Most Popular Data Governance Tools


Data is an asset. Data governance takes care of managing the data and below are some of the most popular Data Governance tools. Also please go through the magic quadrant (metadata solutions) to find the niche players and leaders in the market.

Collibra Data Governance


The Collibra data governance and catalog solutions help data customers find, understand, and trust their data, ensuring quality and accessibility.  Collibra supports data centers and has the ability and support to orchestrate on multi-cloud platforms like AWS, Google Cloud, and Azure by having fine control over the data management activities across every cloud platform aforementioned. It is a commercial-off-the-shelf (COTS) solution.

Some of the key features offered by collibra

  1. Business glossary
  2. Metadata Management and processing.
  3. Self-service Catalog
  4. Data dictionary
  5. Helpdesk
  6. Policy manager
  7. Stewardship
  8. Workflows
  9. Compliance support including GDPR.
  10. Data Lineage maps, and more.

Informatica Enterprise Data Catalog


EDC is a standalone AI-powered data catalog that provides a machine-learning-based discovery engine to scan and catalog data assets across the enterprise/cloud/on-premise applications. It offers Data security, proactive monitoring on data quality and It is a commercial-off-the-shelf (COTS) solution.

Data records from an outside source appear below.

-- ===== src/Plan/Quarantine.antt =====
-- app/quarantine-issue-plan.ts: the issue about quarantined surfaces.
pub mod Laws
use admissorium.Prelude.{
  select, ℕ, String, Bool, true, false, ◌||◌, Option, List, [], ◌∷◌, ◌++◌, map, length, ltb,
  if◌then◌else◌,
}
use admissorium.Text.{◌⧺◌, contains, join, print_count, to_lower_case}
use admissorium.Js.{or_else}
use admissorium.Report.{AdmissibilityReport, Finding, verdict_text, severity_text}
use admissorium.Plan.{Printer, preamble}

pub record QuarantinePlanInput : Type 0 where
  pub report : AdmissibilityReport
  pub repository_full_name : String
  pub labels : Option (List String)

pub record QuarantinePlan : Type 0 where
  pub dry_run : Bool
  pub write_behavior : String
  pub required : Bool
  pub repository : String
  pub title : String
  pub body : String
  pub labels : List String
  pub finding_count : ℕ
  pub run_id : String

abbrev bool_text : Bool → String
bool_text true = "true"
bool_text false = "false"

finding_line : Printer → Finding → String
finding_line printer finding =
    join
      ("- finding_id: " ⧺ finding.finding_id
        ∷ "  severity: " ⧺ severity_text finding.severity
        ∷ "  repo: " ⧺ finding.repo
        ∷ "  surface: " ⧺ finding.surface
        ∷ "  invariant: " ⧺ finding.invariant
        ∷ "  expected: " ⧺ printer.interpolate finding.expected
        ∷ "  observed: " ⧺ printer.interpolate finding.observed
        ∷ "  source_of_truth: " ⧺ finding.source_of_truth
        ∷ "  autofix_allowed: " ⧺ bool_text finding.autofix_allowed
        ∷ "  recommended_action: " ⧺ finding.recommended_action
        ∷ [])
      "\n"

rendered : Printer → List Finding → String
rendered printer [] = "None."
rendered printer (finding ∷ findings) =
    join (map (finding_line printer) (finding ∷ findings)) "\n\n"

-- whether a finding speaks of quarantine
unfoldable pub mentions_quarantine : Printer → Finding → Bool
mentions_quarantine printer finding =
    contains (to_lower_case printer.small_letters finding.finding_id) "quarantine"
    || contains (to_lower_case printer.small_letters finding.recommended_action) "quarantine"

unfoldable pub quarantine_relevant_findings : Printer → AdmissibilityReport → List Finding
quarantine_relevant_findings printer report =
    let mentioned = select (mentions_quarantine printer) report.findings in
    if ltb 0 report.quarantine_count then report.findings else mentioned

quarantine_body : Printer → QuarantinePlanInput → List Finding → String
quarantine_body printer input findings =
    let report = input.report in
    join
      (preamble
        ++ ("## Dry-run boundary"
            ∷ ""
            ∷ "This is a deterministic quarantine issue plan."
            ∷ "No GitHub issue is created by this layer."
            ∷ "No branch is created."
            ∷ "No file is mutated."
            ∷ "No truth object is rewritten."
            ∷ ""
            ∷ "## Run"
            ∷ ""
            ∷ "- run_id: " ⧺ report.run_id
            ∷ "- started_at: " ⧺ report.started_at
            ∷ "- repository: " ⧺ input.repository_full_name
            ∷ "- admissibility_verdict: " ⧺ verdict_text report.verdict
            ∷ "- red_count: " ⧺ print_count report.red_count
            ∷ "- yellow_count: " ⧺ print_count report.yellow_count
            ∷ "- quarantine_count: " ⧺ print_count report.quarantine_count
            ∷ ""
            ∷ "## Quarantine findings"
            ∷ ""
            ∷ rendered printer findings
            ∷ []))
      "\n"

unfoldable pub build_quarantine_plan : Printer → QuarantinePlanInput → QuarantinePlan
unfolding quarantine_body rendered finding_line
build_quarantine_plan printer input =
    let findings = quarantine_relevant_findings printer input.report in
    let required = ltb 0 input.report.quarantine_count || ltb 0 (length findings) in
    record {
      dry_run = true;
      write_behavior = "NONE";
      required = required;
      repository = input.repository_full_name;
      title =
          if required
          then "ADMISSORIUM quarantine review required: " ⧺ input.report.run_id
          else "ADMISSORIUM quarantine review not required: " ⧺ input.report.run_id;
      body = quarantine_body printer input findings;
      labels = or_else input.labels ("admissorium" ∷ "quarantine" ∷ "governance-review" ∷ []);
      finding_count = length findings;
      run_id = input.report.run_id;
    }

Some of the Key Features offered by Informatica EDM:

  1. Connect and catalog any data asset
  2. AI-powered automation
  3. Data provisioning
  4. Collaboration
  5. End-to-end data lineage
  6. Integrated data quality
  7. Data Lineage
  8. Data relationships and recommendations and more

Apache Atlas


Atlas is the first-class metadata management and governance framework for organizations to build a catalog of your data assets and classify and govern the data assets for data scientists, BA, and the data governance team. It enables the organization to meet the compliance requirement efficiently and effectively ensure integration with the whole data ecosystem. It is an open-source solution.

Some of the Key Features offered by Atlas

  1. Data lifecycle management
  2. Metadata Types & entities
  3. Classification
  4. Lineage
  5. Search & discovery
  6. Security & Data Masking
  7. Audit Store

Compare and Contrast – Data Governance tools


Please refer to the below link to get detailed comparisons of EDM tools in terms of various Product capabilities

Collibra vs Informatica vs Talend

Conclusion


Data is an asset. Data Governance is like any other competency for organization practice and business and it will drive you the strategies of getting value from the data. 

Bottom line: Data Governance is a strategic competency. Its whole sole purpose is to throttle the business forward. So Maintaining the data without proper process will not add real value to the organization and that’s how you should be thinking about data governance.